Somehow the
last two posts ended up being a brief history of growing up Jewish in North Dakota, so I thought I'd continue with the last explicitly Jewish food currently in my backlog, matzo ball soup.
Matzo ball soup was mostly just for Passover when I was growing up. My mother made her matzo balls straight from the Manischewitz kit. Sure, she added a lot of vegetables (carrots, celery, occasionally the little onions) and usually had
fresh chicken broth to cook the matzo balls in, but the matzo balls themselves were exactly as listed on the box. I myself make matzo ball soup straight from the kit with some frequency, using the same methods. Frankly, I've never had home made matzo balls that were dramatically better than the ones from kit.
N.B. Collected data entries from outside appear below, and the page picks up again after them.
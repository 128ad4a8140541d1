-- ===== src/Common/Paths/Validity.antt =====
-- `IsValidPath` accepts the root and the absolute paths whose components are proper names.
use mathlib.Core.Path.{ap₂}
use mathlib.Core.List.{append-nil, append_assoc}
use gfs_impl_cpp.Common.Paths.{
  slash, dot, root, until, beyond, bytes_eq, bad_component, check_components, ends_with,
  is_valid_path,
}
use gfs_impl_cpp.Common.Paths.Split.{
  free, until-append, beyond-append, until_of_free, beyond_of_free, until-free, until-beyond,
  ends_with-append,
}
use gfs_impl_cpp.Base.{
  Bool-cases, length, All, length-append, ℕ, zero, suc, ◌+◌, ◌≤◌, ◌≡◌, refl, ap, ◌∙◌, ◌≢◌, ◌↔◌, ◌⊎◌,
  inl, inr, if_pos, if_neg, true, false, some, List, [], ◌∷◌, ◌++◌, arith,
}
use gfs_impl_cpp.Base.Bytes.{Bytes, bytes_discrete, bytes_key}
use gfs_impl_cpp.Base.Map.{nat_key}

-- A name that may stand between two slashes: not empty, not "." and not "..".
pub record IsName (c : Bytes) : Type 0 where
  pub present : c ≢ []
  pub not_dot : c ≢ dot ∷ []
  pub not_dots : c ≢ dot ∷ dot ∷ []
  pub whole : free slash c ≡ true

-- "/a/b" for the components "a", "b".
abbrev pub join : List Bytes → Bytes
join [] = []
join (c ∷ cs) = slash ∷ (c ++ join cs)

bytes_eq_refl : (a : Bytes) → bytes_eq a a ≡ true
bytes_eq_refl a = if_pos (bytes_discrete a a) refl true false

bytes_eq-ne : (a b : Bytes) → a ≢ b → bytes_eq a b ≡ false
bytes_eq-ne a b n = if_neg (bytes_discrete a b) n true false

IsName-bad_component : (c : Bytes) → IsName c → bad_component c ≡ false
unfolding bad_component
IsName-bad_component c n =
    rw
      (
        bytes_eq-ne c [] n.present,
        bytes_eq-ne c (dot ∷ []) n.not_dot,
        bytes_eq-ne c (dot ∷ dot ∷ []) n.not_dots,
      )
      refl

ne_of_bytes_eq : (a b : Bytes) → bytes_eq a b ≡ false → a ≢ b
ne_of_bytes_eq a b h e =
    let same : bytes_eq a b ≡ true = if_pos (bytes_discrete a b) e true false in cc

proper-ne : (c : Bytes) → bad_component c ≡ false → (c ≢ []) × (c ≢ dot ∷ []) × (c ≢ dot ∷ dot ∷ [])
unfolding bad_component
proper-ne c h = (
  ne_of_bytes_eq c [] (ground arith),
  ne_of_bytes_eq c (dot ∷ []) (ground arith),
  ne_of_bytes_eq c (dot ∷ dot ∷ []) (ground arith),
)

check_components-join :
    (c : Bytes) (cs : List Bytes) (fuel : ℕ)
    → All IsName (c ∷ cs)
    → length (c ∷ cs) ≤ fuel
    → check_components fuel (c ++ join cs) ≡ true
unfolding check_components
check_components-join c cs zero names h = absurd (omega arith)
check_components-join c [] (suc fuel) names h =
    let n = names.0 in
    rw append-nil (
      ground (
        arith,
        IsName-bad_component c n,
        until_of_free slash c n.whole,
        beyond_of_free slash c n.whole,
      ))
check_components-join c (d ∷ ds) (suc fuel) names h =
    let n = names.0 in
    ground (
      arith,
      IsName-bad_component c n,
      until-append slash c (d ++ join ds) n.whole,
      beyond-append slash c (d ++ join ds) n.whole,
      check_components-join d ds fuel names.1 (omega arith),
    )

length-le-join : (cs : List Bytes) → length cs ≤ length (join cs)
length-le-join [] = omega arith
length-le-join (c ∷ cs) = omega (arith, length-append c (join cs), length-le-join cs)

ends_with-join :
    (c : Bytes) (cs : List Bytes) (d : Bytes)
    → All IsName (c ∷ cs)
    → ends_with slash (d ++ join (c ∷ cs)) ≡ false
ends_with-join c [] d names =
    rw (append-nil, ← append_assoc d (slash ∷ []) c)
      (ends_with-append slash (d ++ slash ∷ []) c names.0.present names.0.whole)
ends_with-join c (e ∷ cs) d names =
    rw (← append_assoc d (slash ∷ c) (join (e ∷ cs))) (ends_with-join e cs (d ++ slash ∷ c) names.1)

check_components-cases :
    (fuel : ℕ) (rest : Bytes)
    → check_components fuel rest ≡ true
    → (c : Bytes) × (cs : List Bytes) × All IsName (c ∷ cs) × (rest ≡ c ++ join cs)
unfolding check_components
check_components-cases zero rest h = cc
check_components-cases (suc fuel) rest h = elim (until-beyond slash rest) [
  | inl (b, e) ↦ (until slash rest, [], (name, tt), rw append-nil e)
  | inr (r, b, e) ↦
      let (c, cs, names, e') = check_components-cases fuel r (more r b) in
      (until slash rest, c ∷ cs, (name, names), e ∙ ap (λ t. until slash rest ++ slash ∷ t) e')
]
  where
    proper : bad_component (until slash rest) ≡ false
    proper = ground (arith, Bool-cases (bad_component (until slash rest)))

    name : IsName (until slash rest)
    name =
        let distinct = proper-ne (until slash rest) proper in
        record {
          present = distinct.0;
          not_dot = distinct.1;
          not_dots = distinct.2;
          whole = until-free slash rest;
        }

    more : (r : Bytes) → beyond slash rest ≡ some r → check_components fuel r ≡ true
    more r b = ground (arith, Bool-cases (bad_component (until slash rest)))

valid-join :
    (c : Bytes) (cs : List Bytes) → All IsName (c ∷ cs) → is_valid_path (join (c ∷ cs)) ≡ true
unfolding is_valid_path
valid-join c cs names = ground (
  arith,
  ends_with-join c cs [] names,
  check_components-join c cs (length (join (c ∷ cs)) + 1) names
      (omega (arith, length-le-join (c ∷ cs))),
)

abbrev pub Spelled : Bytes → Type 0
Spelled p = (c : Bytes) × (cs : List Bytes) × All IsName (c ∷ cs) × (p ≡ join (c ∷ cs))

valid-cases : (p : Bytes) → is_valid_path p ≡ true → (p ≡ root) ⊎ Spelled p
unfolding is_valid_path
valid-cases [] h = cc
valid-cases (x ∷ rest) h = elim (bytes_discrete (x ∷ rest) root) [
  | yes e ↦ inl e
  | no n ↦
      let (c, cs, names, e) = check_components-cases (length (x ∷ rest) + 1) rest (ground arith) in
      inr (c, cs, names, ap₂ ◌∷◌ (ground arith) e)
]

-- `IsValidPath` accepts the root and the texts "/c1/.../cn" with n at least one whose components are
-- not empty, not "." or "..", and hold no slash; and it accepts nothing else.
pub is_valid_path_iff : (p : Bytes) → (is_valid_path p ≡ true) ↔ ((p ≡ root) ⊎ Spelled p)
is_valid_path_iff p = (valid-cases p, accepted)
  where
    accepted : (p ≡ root) ⊎ Spelled p → is_valid_path p ≡ true
    accepted (inl e) = rw e (unfold is_valid_path in ground (arith, bytes_eq_refl root))
    accepted (inr (c, cs, names, e)) = rw e (valid-join c cs names)
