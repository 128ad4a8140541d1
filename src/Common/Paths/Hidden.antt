-- ===== src/Common/Paths/Hidden.antt =====
-- A path is its directory's prefix and its base name; a hidden name reads back as its stamp and the
-- path that it hides.
use mathlib.Core.List.{append-nil, append_assoc}
use gfs_impl_cpp.Common.Decimal.{
  to_string, IsInt64, from_chars-to_string, all_digits, to_string-cases,
}
use gfs_impl_cpp.Common.Paths.{
  slash, dot, root, is_valid_path, parent_at, parent_of, base_name, child_prefix, hidden_prefix,
  is_hidden_path, hidden_name_for, parse_stamped, parse_hidden_name,
}
use gfs_impl_cpp.Common.Paths.Split.{
  free, until-append, beyond-append, rfind-append, free-append, drop-append_suc, starts_with-append,
  append-ne-nil,
}
use gfs_impl_cpp.Common.Paths.Validity.{IsName, join, is_valid_path_iff}
use gfs_impl_cpp.Base.{
  ltb, All, length-append, take-append_self, drop-append_self, ℕ, ◌≡◌, refl, sym, ap, ◌≢◌, inl, inr,
  true, some, List, [], ◌∷◌, ◌++◌, arith,
}
use gfs_impl_cpp.Base.Bytes.{Bytes, bytes_key}
use gfs_impl_cpp.Base.Int.{ℤ}
use gfs_impl_cpp.Base.Map.{nat_key}

-- A path as its directory (empty for the root) and its last component.
pub record Parts (p : Bytes) : Type 0 where
  pub directory : Bytes
  pub name : Bytes
  pub parts : p ≡ directory ++ (slash ∷ name)
  pub is_name : IsName name
  pub below : directory ≢ root

join-Parts : (c : Bytes) (cs : List Bytes) → All IsName (c ∷ cs) → Parts (join (c ∷ cs))
join-Parts c [] names = record {
  directory = [];
  name = c;
  parts = rw append-nil refl;
  is_name = names.0;
  below = λ e. cc;
}
join-Parts c (e ∷ cs) names =
    let rest = join-Parts e cs names.1 in
    record {
      directory = (slash ∷ c) ++ rest.directory;
      name = rest.name;
      parts = rw rest.parts (sym (append_assoc (slash ∷ c) rest.directory (slash ∷ rest.name)));
      is_name = rest.is_name;
      below = λ q. slashed c names.0.present rest.directory q;
    }
  where
    slashed : (c : Bytes) → c ≢ [] → (d : Bytes) → (slash ∷ c) ++ d ≢ root
    slashed [] h d q = h refl
    slashed (x ∷ c) h d q = cc

valid-Parts : (p : Bytes) → is_valid_path p ≡ true → p ≢ root → Parts p
valid-Parts p h n = elim ((is_valid_path_iff p).0 h) [
  | inl e ↦ absurd (n e)
  | inr (c, cs, names, e) ↦ rw e (join-Parts c cs names)
]

base_name-append : (d n : Bytes) → free slash n ≡ true → base_name (d ++ (slash ∷ n)) ≡ n
unfolding base_name
base_name-append d n h = rw (rfind-append slash d n h) (drop-append_suc d n slash)

prefix-append :
    (d n : Bytes)
    → free slash n ≡ true
    → n ≢ []
    → d ≢ root
    → child_prefix (parent_of (d ++ (slash ∷ n))) ≡ d ++ root
unfolding child_prefix parent_of parent_at
prefix-append [] n h ne b = ground (arith, rfind-append slash [] n h)
prefix-append (x ∷ d) n h ne b = ground (
  arith,
  rfind-append slash (x ∷ d) n h,
  take-append_self (x ∷ d) (slash ∷ n),
  append-ne-nil d n slash,
)

-- For a valid path other than the root, `ChildPrefix(ParentOf(path)) + BaseName(path)` is the path,
-- and the base name is a proper name.
pub child_prefix-parent_of :
    (p : Bytes)
    → is_valid_path p ≡ true
    → p ≢ root
    → (child_prefix (parent_of p) ++ base_name p ≡ p) × IsName (base_name p)
child_prefix-parent_of p h n =
    let q = valid-Parts p h n in
    rw q.parts (
      rw
        (
          base_name-append q.directory q.name q.is_name.whole,
          prefix-append q.directory q.name q.is_name.whole q.is_name.present q.below,
        )
        (append_assoc q.directory root q.name, q.is_name))

free-digits : (c : ℕ) (s : Bytes) → ltb c 48 ≡ true → all_digits s ≡ true → free c s ≡ true
free-digits c [] h d = refl
free-digits c (x ∷ s) h d = ground (arith, free-digits c s)

free-to_string :
    (c : ℕ) (z : ℤ)
    → ltb c 48 ≡ true
    → c ≢ b'-'
    → (free c (to_string z) ≡ true) × (to_string z ≢ [])
free-to_string c z h n =
    let (x, s, e, first, d) = to_string-cases z in
    rw e (ground (arith, free-digits c s h d), λ q. cc)

parse_stamped-append :
    (z : ℤ) (n : Bytes)
    → IsInt64 z
    → n ≢ []
    → parse_stamped (to_string z ++ (dot ∷ n)) ≡ some (z, n)
unfolding parse_stamped
parse_stamped-append z n h ne =
    let (f, p) = free-to_string dot z refl (λ q. absurd (omega arith)) in
    ground (
      arith,
      until-append dot (to_string z) n f,
      beyond-append dot (to_string z) n f,
      from_chars-to_string z h,
      p,
    )

-- The base name that `HiddenNameFor` builds.
abbrev stamped : ℤ → Bytes → Bytes
stamped z name = hidden_prefix ++ (to_string z ++ (dot ∷ name))

free-stamped : (z : ℤ) (name : Bytes) → free slash name ≡ true → free slash (stamped z name) ≡ true
free-stamped z name h = ground (
  arith,
  free-append slash hidden_prefix (to_string z ++ (dot ∷ name)),
  free-append slash (to_string z) (dot ∷ name),
  (free-to_string slash z refl (λ q. absurd (omega arith))).0,
)

hidden-stamped :
    (d name : Bytes) (z : ℤ)
    → free slash name ≡ true
    → is_hidden_path (d ++ (slash ∷ stamped z name)) ≡ true
unfolding is_hidden_path
hidden-stamped d name z h =
    rw
      (
        base_name-append d (stamped z name) (free-stamped z name h),
        starts_with-append hidden_prefix (to_string z ++ (dot ∷ name)),
      )
      (ground (
        arith,
        length-append (to_string z) (dot ∷ name),
        length-append hidden_prefix (to_string z ++ (dot ∷ name)),
      ))

parse-stamped :
    (d name : Bytes) (z : ℤ)
    → IsInt64 z
    → IsName name
    → d ≢ root
    → parse_hidden_name (d ++ (slash ∷ stamped z name)) ≡ some (z, d ++ (slash ∷ name))
unfolding parse_hidden_name
parse-stamped d name z h n b =
    rw
      (
        hidden-stamped d name z n.whole,
        base_name-append d (stamped z name) (free-stamped z name n.whole),
        drop-append_self hidden_prefix (to_string z ++ (dot ∷ name)),
        parse_stamped-append z name h n.present,
        prefix-append d (stamped z name) (free-stamped z name n.whole) (λ q. cc) b,
      )
      (ap (λ (t : Bytes). some (z, t)) (append_assoc d root name))

-- The name under which a deleted file is kept reads back as the stamp and the path: for every valid
-- path but the root and every stamp of an `int64_t`, `ParseHiddenName` inverts `HiddenNameFor`.
pub parse_hidden_name-hidden_name_for :
    (p : Bytes) (z : ℤ)
    → is_valid_path p ≡ true
    → p ≢ root
    → IsInt64 z
    → parse_hidden_name (hidden_name_for p z) ≡ some (z, p)
unfolding hidden_name_for
parse_hidden_name-hidden_name_for p z h n r =
    let q = valid-Parts p h n in
    let free_name = q.is_name.whole in
    rw q.parts (
      rw
        (
          prefix-append q.directory q.name free_name q.is_name.present q.below,
          base_name-append q.directory q.name free_name,
          append_assoc q.directory root (stamped z q.name),
        )
        (parse-stamped q.directory q.name z r q.is_name q.below))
Why do I make it year round while my mother pretty much reserved it for Pesach? The difference is that growing up in North Dakota it's not like matzo ball soup mix was on the shelves at every grocery store year round. Typically there would be a small window prior to Pesach when things like macaroons, matzo, gefilte fish and matzo ball soup mix were available on the shelf. Mom and everyone else in the local Jewish community would get enough to get through Pesach and two weeks later it was all gone until the next year. By comparison, here in Ohio even the local grocery stores on the west side of Cleveland (which compared to the east side is bereft of Jews) has a small stock of Jewish soul food available year round, including matzo ball soup. I stock up during Passover because it's a lot cheaper, not because it's my only chance. This fact solely explains why I get make matzo soup a lot more often than my mother did. Even if she were inclined to make them from scratch, that would still require matzo meal, which was also only available in the Pesach window.
It's increasingly hard to remember what it was like pre-internet. For example, nowadays if someone saw a box of matzo on the shelf and had no idea what it was, the smart phone in their pocket would tell them within seconds. That obviously wasn't the case back in the 1980s. My mother once saw someone at the grocery store in the two week window of Pesach food availability with a shopping cart filled to brim with boxes of matzo. My mother didn't recognize him, and matzo not typically being high on the list of favorite foods of even the most enthusiastic lovers of Pesach, she assumed that he must be someone Jewish who was new in town and hadn't stopped at the synagogue yet. Instead he told her that matzo was the perfect diet cracker, and he didn't understand why it wasn't available year round, so he always bought every box he could find when it was in the store. I don't think my mother clued him in to the real purpose of matzo.
On a side note, if you are bored with regular matzo ball soup the
Indian variant is also quite delicious, and a lot tangier.